RECORDS FOR THE TASK START
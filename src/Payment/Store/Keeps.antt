-- ===== src/Payment/Store/Keeps.antt =====
-- What the repository's calls commit, and that they keep the invariant.
use mathlib.Core.Path.{subst}
use match_mate_dating_web.Base.{
  ℕ, ◌≡◌, sym, Bool, true, false, Option, none, some, [], ◌∷◌, ◌++◌, String, arith, string_eq,
  if◌then◌else◌, any, inl, inr, ◌⊎◌, Bool-cases, Option-cases,
}
use match_mate_dating_web.Base.Tables.{find}
use match_mate_dating_web.Base.Result.{Result, ok, ok_inj, bind-eq-ok, ◌>>=◌}
use match_mate_dating_web.Payment.Domain.{Payment, Notification}
use match_mate_dating_web.Payment.Store.{
  Db, Error, Callback, has_order, of_booking, has_fingerprint, collides,
}
use match_mate_dating_web.Payment.Store.Checkouts.{
  idempotency_record, initiate, initiate_new, initiated,
}
use match_mate_dating_web.Payment.Store.Callbacks.{
  callback_row, raw_callback, settle, settled, changes, apply_callback, next_state,
}
use match_mate_dating_web.Payment.Store.Valid.{
  IsValid, found-by_id, initiated-IsValid, settled-IsValid,
}

module _ (fault : ℕ → Bool) (ids : ℕ → String) where
  pub initiate_new-eq-ok :
      (p : Payment) (key fingerprint : String) (db : Db) (r : (Payment × Bool) × Db)
      → initiate_new fault ids p key fingerprint db ≡ ok r
      → (any (collides p) db.payments ≡ false)
        × (r ≡ ((p, false), initiated ids p key fingerprint db))
  unfolding initiate_new
  initiate_new-eq-ok p key fingerprint db r h = ground arith

  -- A call that succeeds changes nothing, records its key for a payment that is there already, or
  -- makes a new payment.
  pub initiate-eq-ok :
      (p : Payment) (key fingerprint : String) (db : Db) (r : (Payment × Bool) × Db)
      → initiate fault ids p key fingerprint db ≡ ok r
      → (r.1 ≡ db)
        ⊎ (((e : Payment) × (find (of_booking p.booking_id p.account_id) db.payments ≡ some e)
              × (r ≡ (
                (e, true),
                record db {
                  idempotency = db.idempotency ++ idempotency_record p key fingerprint e.id ∷ [];
                },
              )))
            ⊎ (initiate_new fault ids p key fingerprint db ≡ ok r))
  unfolding initiate
  initiate-eq-ok p key fingerprint db r h =
      elim (Option-cases (find (of_booking p.booking_id p.account_id) db.payments)) [
        | inl missing ↦
            let cases : (r.1 ≡ db) ⊎ (initiate_new fault ids p key fingerprint db ≡ ok r) =
              ground arith in
            elim cases [ inl same ↦ inl same | inr new ↦ inr (inr new) ]
        | inr (e, there) ↦
            let cases : (r.1 ≡ db)
                ⊎ (r ≡ (
                  (e, true),
                  record db {
                    idempotency = db.idempotency ++ idempotency_record p key fingerprint e.id ∷ [];
                  },
                )) =
              ground arith in
            elim cases [ inl same ↦ inl same | inr known ↦ inr (inl (e, there, known)) ]
      ]

  pub initiate-IsValid :
      (p : Payment) (key fingerprint : String) (db : Db) (r : (Payment × Bool) × Db)
      → IsValid db
      → initiate fault ids p key fingerprint db ≡ ok r
      → IsValid r.1
  initiate-IsValid p key fingerprint db r valid h = elim (initiate-eq-ok p key fingerprint db r h) [
    | inl same ↦ subst IsValid (sym same) valid
    | inr (inl (e, _, known)) ↦
        subst (λ s. IsValid s.1) (sym known)
          (record {
            unique_ids = valid.unique_ids;
            unique_bookings = valid.unique_bookings;
            announced = valid.announced;
          })
    | inr (inr new) ↦
        let (free, same) = initiate_new-eq-ok p key fingerprint db r new in
        subst (λ s. IsValid s.1) (sym same) (initiated-IsValid ids p key fingerprint db free valid)
  ]

  pub settle-eq-ok :
      (n : Notification) (verification : String) (now : ℕ) (p : Payment) (db : Db)
      (r : (Payment × Bool) × Db)
      → settle fault ids n verification now p db ≡ ok r
      → ((changes n verification p ≡ false) × (r ≡ ((p, true), db)))
        ⊎ ((changes n verification p ≡ true)
            × (r ≡ (
              (record p { state = next_state n verification p }, false),
              settled ids n verification now p db,
            )))
  unfolding settle
  settle-eq-ok n verification now p db r h = elim (Bool-cases (changes n verification p)) [
    | inl moves ↦ inr (moves, ground (arith, moves))
    | inr stays ↦ inl (stays, ground (arith, stays))
  ]

-- The tables with one more callback on record.
abbrev pub with_callback : Callback → Db → Db
with_callback c db = record db { callbacks = db.callbacks ++ c ∷ [] }

with_callback-IsValid : (c : Callback) (db : Db) → IsValid db → IsValid (with_callback c db)
with_callback-IsValid c db valid = record {
  unique_ids = valid.unique_ids;
  unique_bookings = valid.unique_bookings;
  announced = valid.announced;
}

module _ (sha : String → String) (fault : ℕ → Bool) (ids : ℕ → String) (n : Notification)
    (verification : String) (now : ℕ) (db : Db) where
  abbrev pub print : String
  print = sha (raw_callback n)

  abbrev pub is_known : Bool
  is_known = any (has_fingerprint print) db.callbacks

  -- The order is unknown: the callback is kept for review, once.
  pub apply_callback-unknown :
      (r : (Option Payment × Bool) × Db)
      → find (has_order n.order_id) db.payments ≡ none
      → apply_callback sha fault ids n verification now db ≡ ok r
      → r ≡ (
        (none, false),
        if is_known
            then db
            else with_callback (callback_row print none n "REVIEW_UNKNOWN_ORDER" now) db,
      )
  unfolding apply_callback
  apply_callback-unknown r missing h = ground (arith, missing)

  settle_call : Payment → Result Error ((Payment × Bool) × Db)
  settle_call p =
      settle fault ids n verification now p
        (with_callback (callback_row print (some p.id) n verification now) db)

  with_some : (Payment × Bool) × Db → Result Error ((Option Payment × Bool) × Db)
  with_some r = ok ((some r.0.0, r.0.1), r.1)

  apply_callback-split :
      (r : (Option Payment × Bool) × Db) (p : Payment)
      → find (has_order n.order_id) db.payments ≡ some p
      → apply_callback sha fault ids n verification now db ≡ ok r
      → ((is_known ≡ true) × (r ≡ ((some p, true), db)))
        ⊎ ((is_known ≡ false) × ((settle_call p >>= with_some) ≡ ok r))
  unfolding apply_callback settle_call with_some
  apply_callback-split r p found h = elim (Bool-cases is_known) [
    | inl old ↦ inl (old, ground (arith, found, old))
    | inr new ↦ inr (new, ground (arith, found, new))
  ]

  -- The order is known: a repeated callback changes nothing, a new one is recorded and settles the
  -- payment where that changes its state.
  pub apply_callback-known :
      (r : (Option Payment × Bool) × Db) (p : Payment)
      → find (has_order n.order_id) db.payments ≡ some p
      → apply_callback sha fault ids n verification now db ≡ ok r
      → ((is_known ≡ true) × (r ≡ ((some p, true), db)))
        ⊎ ((is_known ≡ false)
            × ((s : (Payment × Bool) × Db) × (settle fault ids n verification now p
                    (with_callback (callback_row print (some p.id) n verification now) db)
                  ≡ ok s)
                × (r ≡ ((some s.0.0, s.0.1), s.1))))
  unfolding settle_call with_some
  apply_callback-known r p found h = elim (apply_callback-split r p found h) [
    | inl old ↦ inl old
    | inr (new, called) ↦
        let (s, done, same) = bind-eq-ok (settle_call p) with_some r called in
        inr (new, (s, done, sym (ok_inj same)))
  ]

  pub apply_callback-IsValid :
      (r : (Option Payment × Bool) × Db)
      → IsValid db
      → apply_callback sha fault ids n verification now db ≡ ok r
      → IsValid r.1
  apply_callback-IsValid r valid h = elim (Option-cases (find (has_order n.order_id) db.payments)) [
    | inl missing ↦ elim (Bool-cases is_known) [
      | inl old ↦ subst (λ s. IsValid s.1) (sym (apply_callback-unknown r missing h)) (rw old valid)
      | inr new ↦
          subst (λ s. IsValid s.1) (sym (apply_callback-unknown r missing h))
            (rw new (with_callback-IsValid _ db valid))
    ]
    | inr (p, found) ↦ elim (apply_callback-known r p found h) [
      | inl (old, same) ↦ subst (λ s. IsValid s.1) (sym same) valid
      | inr (new, (s, done, same)) ↦
          let row = callback_row print (some p.id) n verification now in
          let kept = with_callback-IsValid row db valid in
          subst (λ t. IsValid t.1) (sym same)
            (elim (settle-eq-ok fault ids n verification now p (with_callback row db) s done) [
              | inl (_, stays) ↦ subst (λ t. IsValid t.1) (sym stays) kept
              | inr (moves, moved) ↦
                  subst (λ t. IsValid t.1) (sym moved)
                    (settled-IsValid ids n verification now p (with_callback row db)
                      (found-by_id db valid (has_order n.order_id) p found) moves kept)
            ])
    ]
  ]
RECORDS FOR THE TASK END
● TO DO
In the entries above, the lines between the one holding "(rw new (with_callback-IsValid" and the one holding "subst (λ t. IsValid t.1) (sym moved)", inclusive, are to be printed exactly as written, and those alone.

● SOLUTION TO THE PROBLEM
            (rw new (with_callback-IsValid _ db valid))
    ]
    | inr (p, found) ↦ elim (apply_callback-known r p found h) [
      | inl (old, same) ↦ subst (λ s. IsValid s.1) (sym same) valid
      | inr (new, (s, done, same)) ↦
          let row = callback_row print (some p.id) n verification now in
          let kept = with_callback-IsValid row db valid in
          subst (λ t. IsValid t.1) (sym same)
            (elim (settle-eq-ok fault ids n verification now p (with_callback row db) s done) [
              | inl (_, stays) ↦ subst (λ t. IsValid t.1) (sym stays) kept
              | inr (moves, moved) ↦
                  subst (λ t. IsValid t.1) (sym moved)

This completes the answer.